==== Supplied material
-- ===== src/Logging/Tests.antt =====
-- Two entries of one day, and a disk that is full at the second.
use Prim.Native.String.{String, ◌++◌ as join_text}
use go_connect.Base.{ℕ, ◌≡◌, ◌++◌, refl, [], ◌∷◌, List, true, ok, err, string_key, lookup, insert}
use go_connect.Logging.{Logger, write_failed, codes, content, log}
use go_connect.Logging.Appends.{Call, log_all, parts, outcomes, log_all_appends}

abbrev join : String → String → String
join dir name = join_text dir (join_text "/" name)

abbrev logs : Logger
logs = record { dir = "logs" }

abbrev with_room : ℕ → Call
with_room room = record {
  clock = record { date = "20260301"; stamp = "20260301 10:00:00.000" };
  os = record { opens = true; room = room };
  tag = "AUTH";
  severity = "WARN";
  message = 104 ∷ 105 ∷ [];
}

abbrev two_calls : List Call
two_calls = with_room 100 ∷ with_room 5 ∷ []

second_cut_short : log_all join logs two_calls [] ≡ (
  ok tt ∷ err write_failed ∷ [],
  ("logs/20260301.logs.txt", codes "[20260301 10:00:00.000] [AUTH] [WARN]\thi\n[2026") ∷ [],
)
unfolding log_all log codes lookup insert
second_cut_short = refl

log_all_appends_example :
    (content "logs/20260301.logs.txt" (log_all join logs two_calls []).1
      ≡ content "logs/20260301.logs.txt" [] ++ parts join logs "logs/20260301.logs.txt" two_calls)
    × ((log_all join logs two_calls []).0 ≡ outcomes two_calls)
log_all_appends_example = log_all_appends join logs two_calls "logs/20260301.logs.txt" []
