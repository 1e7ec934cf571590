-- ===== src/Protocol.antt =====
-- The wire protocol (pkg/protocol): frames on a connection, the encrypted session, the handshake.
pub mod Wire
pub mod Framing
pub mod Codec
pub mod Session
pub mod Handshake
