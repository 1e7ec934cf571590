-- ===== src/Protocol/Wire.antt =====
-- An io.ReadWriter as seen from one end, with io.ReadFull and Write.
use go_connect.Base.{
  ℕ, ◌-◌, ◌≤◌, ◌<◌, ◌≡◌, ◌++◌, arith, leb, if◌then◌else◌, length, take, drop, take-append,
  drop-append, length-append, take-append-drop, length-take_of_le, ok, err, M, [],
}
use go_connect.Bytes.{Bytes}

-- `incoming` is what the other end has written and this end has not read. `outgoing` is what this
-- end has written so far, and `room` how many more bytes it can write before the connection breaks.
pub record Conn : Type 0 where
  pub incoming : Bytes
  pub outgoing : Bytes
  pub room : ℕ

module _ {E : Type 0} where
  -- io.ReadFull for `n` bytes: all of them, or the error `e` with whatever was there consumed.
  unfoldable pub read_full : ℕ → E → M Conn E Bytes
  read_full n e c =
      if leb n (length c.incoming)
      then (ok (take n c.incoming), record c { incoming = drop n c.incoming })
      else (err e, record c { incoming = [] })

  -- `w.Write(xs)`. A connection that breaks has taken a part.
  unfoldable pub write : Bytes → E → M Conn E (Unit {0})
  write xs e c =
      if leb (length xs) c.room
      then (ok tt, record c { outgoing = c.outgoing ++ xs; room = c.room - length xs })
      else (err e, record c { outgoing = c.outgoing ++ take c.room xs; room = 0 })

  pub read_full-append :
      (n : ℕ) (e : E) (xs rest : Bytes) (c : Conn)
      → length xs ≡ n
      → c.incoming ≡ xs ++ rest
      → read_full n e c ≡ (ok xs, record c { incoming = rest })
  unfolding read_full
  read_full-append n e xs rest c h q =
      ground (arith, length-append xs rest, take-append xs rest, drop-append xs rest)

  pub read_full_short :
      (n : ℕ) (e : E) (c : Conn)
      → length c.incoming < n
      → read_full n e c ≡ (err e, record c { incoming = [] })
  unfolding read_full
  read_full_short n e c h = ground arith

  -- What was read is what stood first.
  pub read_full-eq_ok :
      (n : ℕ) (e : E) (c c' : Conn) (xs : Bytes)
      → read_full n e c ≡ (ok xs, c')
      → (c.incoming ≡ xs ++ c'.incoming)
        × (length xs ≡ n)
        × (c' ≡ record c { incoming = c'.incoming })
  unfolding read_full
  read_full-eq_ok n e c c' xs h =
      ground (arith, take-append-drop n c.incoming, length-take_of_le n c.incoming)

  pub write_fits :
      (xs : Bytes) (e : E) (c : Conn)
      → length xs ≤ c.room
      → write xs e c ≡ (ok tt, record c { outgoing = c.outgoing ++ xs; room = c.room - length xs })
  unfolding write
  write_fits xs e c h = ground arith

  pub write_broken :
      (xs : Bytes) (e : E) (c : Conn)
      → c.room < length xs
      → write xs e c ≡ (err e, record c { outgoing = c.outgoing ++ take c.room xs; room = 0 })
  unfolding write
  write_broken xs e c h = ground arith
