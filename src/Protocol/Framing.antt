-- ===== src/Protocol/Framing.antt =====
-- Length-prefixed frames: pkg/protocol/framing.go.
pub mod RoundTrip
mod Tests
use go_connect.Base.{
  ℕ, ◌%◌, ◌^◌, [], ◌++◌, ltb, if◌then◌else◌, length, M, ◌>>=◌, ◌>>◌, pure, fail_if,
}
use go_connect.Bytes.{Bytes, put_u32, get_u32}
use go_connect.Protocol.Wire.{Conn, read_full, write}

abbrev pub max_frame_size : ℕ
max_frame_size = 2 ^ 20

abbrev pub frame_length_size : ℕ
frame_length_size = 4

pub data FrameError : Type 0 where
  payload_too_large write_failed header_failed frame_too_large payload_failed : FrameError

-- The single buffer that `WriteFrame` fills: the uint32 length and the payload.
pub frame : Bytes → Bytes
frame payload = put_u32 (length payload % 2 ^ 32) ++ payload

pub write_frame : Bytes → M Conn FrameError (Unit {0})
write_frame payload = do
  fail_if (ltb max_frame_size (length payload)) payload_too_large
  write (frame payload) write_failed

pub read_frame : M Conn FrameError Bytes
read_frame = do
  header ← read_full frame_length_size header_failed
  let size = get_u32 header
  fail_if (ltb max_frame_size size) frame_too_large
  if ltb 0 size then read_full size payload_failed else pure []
========
[Work instruction]: In the records above, how many lines include "abbrev"? Answer with the number alone.

[Solved problem]: 6